Courteaux, Charles (1898-1997)

Jean-Noël Grandhomme. Ultimes sentinelles. Paroles des derniers survivants de la Grande Guerre. La Nuée Bleue, 2006, 223 p.

Résumé de l’ouvrage :
Jean-Noël Grandhomme, historien et universitaire, a interviewé, de 1995 à 1999, 17 des derniers témoins du Grand Est (Vosges, Moselle, Bas-Rhin, Jura, Aube, Haut-Rhin, Meurthe-et-Moselle, Suisse et Ardennes). Des histoires d’hommes jeunes, tous nés dans la dernière décennie du XIXe siècle (de 1893 à 1899), jetés dans le conflit et qui se souviennent de leur parcours dans la Grande Guerre, à l’issue de laquelle ils ont miraculeusement survécu, et qui fut pour eux le plus souvent une aventure extraordinaire. L’auteur, spécialiste de la période, a opportunément résumé les entretiens et certainement gommé les erreurs cognitives, les confusions ou les anachronismes attachés à ces entretiens, réalisant un exercice dont il conclut que « l’enquête orale est d’ailleurs devenue une science auxiliaire de l’histoire à part entière depuis une vingtaine années », correspondant à l’ère des ultimes témoins. Il dit : « Avec ces derniers témoins, ce n’est pas seulement la mémoire de la Grande Guerre qui s’en va, mais aussi cette d’une société rurale, mêlée de rudesse et de solidarité. » Par son questionnement en filigrane ; « Quel regard ces anciens soldats, dressés les uns contre les autres par l’Histoire, portent-ils sur cette gigantesque conflagration ? Qu’en ont-ils retenu, et oublié ? Surtout, qu’avaient-ils à nous dire, à nous, Français et Européens du XXIème siècle, juste avant de disparaître ? » érigent cette œuvre mémorielle et testimoniale en véritable livre-hommage. Plus profondément, chacun des témoins, servant dans les deux armées belligérantes, témoignent de leur implication soit dans l’armée française, soit en tant qu’alsaciens ou lorrains dans l’armée allemande, avec les particularismes ou des traitements différenciés attachés cette origine : engagement dans la marine, envoi systématique sur le front de l’est, distinction dans le commandement ou le statut de prisonnier, etc.
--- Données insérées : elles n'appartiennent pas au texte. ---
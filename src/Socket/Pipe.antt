-- ===== src/Socket/Pipe.antt =====
-- A concrete socket that meets the assumptions: each entry of `limits` is one call, which fails or
-- takes at most so many bytes and one more; behind the last entry a call takes all it is offered.
use edaf55_project.Base.{
  ℕ, suc, ◌≤◌, ◌<◌, min, ◌≡◌, List, [], ◌∷◌, ◌++◌, Option, none, some, take, length, ℤ, pos, negsuc,
  arith, take-length,
}
use edaf55_project.Socket.{Socket, IsLawful}

pub record Pipe : Type 0 where
  pub limits : List (Option ℕ)
  pub out : List ℕ

abbrev pipe_step : List (Option ℕ) → List ℕ → List ℕ → ℤ × Pipe
pipe_step [] out d = (pos (length d), record { limits = []; out = out ++ d })
pipe_step (none ∷ ls) out d = (negsuc 0, record { limits = ls; out = out })
pipe_step (some l ∷ ls) out d = (
  pos (min (suc l) (length d)),
  record { limits = ls; out = out ++ take (min (suc l) (length d)) d },
)

abbrev pub pipe : Socket
pipe = record { State = Pipe; send = λ s d. pipe_step s.limits s.out d; wire = λ s. s.out }

record IsSendResult (out d : List ℕ) (k : ℕ) (t : Pipe) : Type 0 where
  bounded : k ≤ length d
  progress : 0 < length d → 0 < k
  delivers : t.out ≡ out ++ take k d

pipe_step-pos :
    (ls : List (Option ℕ)) (out d : List ℕ) (k : ℕ) (t : Pipe)
    → pipe_step ls out d ≡ (pos k, t)
    → IsSendResult out d k t
pipe_step-pos [] out d k t h = record {
  bounded = ground arith;
  progress = λ p. ground arith;
  delivers = ground (arith, take-length d);
}
pipe_step-pos (none ∷ ls) out d k t h = cc
pipe_step-pos (some l ∷ ls) out d k t h = record {
  bounded = ground arith;
  progress = λ p. ground arith;
  delivers = ground arith;
}

pipe_step-negsuc :
    (ls : List (Option ℕ)) (out d : List ℕ) (e : ℕ) (t : Pipe)
    → pipe_step ls out d ≡ (negsuc e, t)
    → t.out ≡ out
pipe_step-negsuc [] out d e t h = ground arith
pipe_step-negsuc (none ∷ ls) out d e t h = ground arith
pipe_step-negsuc (some l ∷ ls) out d e t h = ground arith

pub pipe-IsLawful : IsLawful pipe
pipe-IsLawful = record {
  bounded = λ s t d k h. (pipe_step-pos s.limits s.out d k t h).bounded;
  progress = λ s t d k h. (pipe_step-pos s.limits s.out d k t h).progress;
  delivers = λ s t d k h. (pipe_step-pos s.limits s.out d k t h).delivers;
  fails = λ s t d e h. pipe_step-negsuc s.limits s.out d e t h;
}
Le chapitre consacré à Charles Courteaux concerne les pages 71 à 78 de l’ouvrage.

Eléments biographiques :
Chartes Courteaux est né à Fresnes-en-Saulnois (Moselle) le 18 février 1898 dans une famille francophone. Il a 16 ans quand la guerre éclate et, comme Léon Nonnenmacher se souvient de l’arrivée des Français, territoriaux du Midi, en août 1914. Incorporé dans l’armée allemande en novembre 1916 comme Musketier au 106e IR, il est affecté sur le front de Galicie en juillet 1917, où l’armée de Kerenski s’effondre. Il dit de cette période : « En ce qui me concerne, je n’ai jamais tué personne » (page 73), précisant même : « Sur les quatre-vingts cartouches que j’ai brûlées, je n’ai jamais visé personne. (…) J’ai tiré en l’air pour faire du bruit, car les sous-officiers nous avaient à l’œil » (p. 74). En 1918, il arrive à l’arrière du front de Verdun, où il est enterré par un obus. Pour sa convalescence, il est versé dans une cuisine roulante puis intègre le secteur de Cambrai. Le 7 octobre, il jette son fusil et se rend à un anglais qui le « fait prisonnier en douceur », « parfaitement heureux de se retrouver captif » (p. 76). À l’Armistice, qu’il apprend par le « tintamarre » du moment, il est examiné par une commission spéciale de « tri », chargée de déterminer s’il est « d’origine et de sentiments français » (p. 77). Il rentre au pays rhabillé de neuf le 1er janvier 1919. Après-guerre, il exerce le métier de cheminot. Il décède le 14 décembre 1997 à Moulins-lès-Metz (Moselle) à l’âge de 99 ans.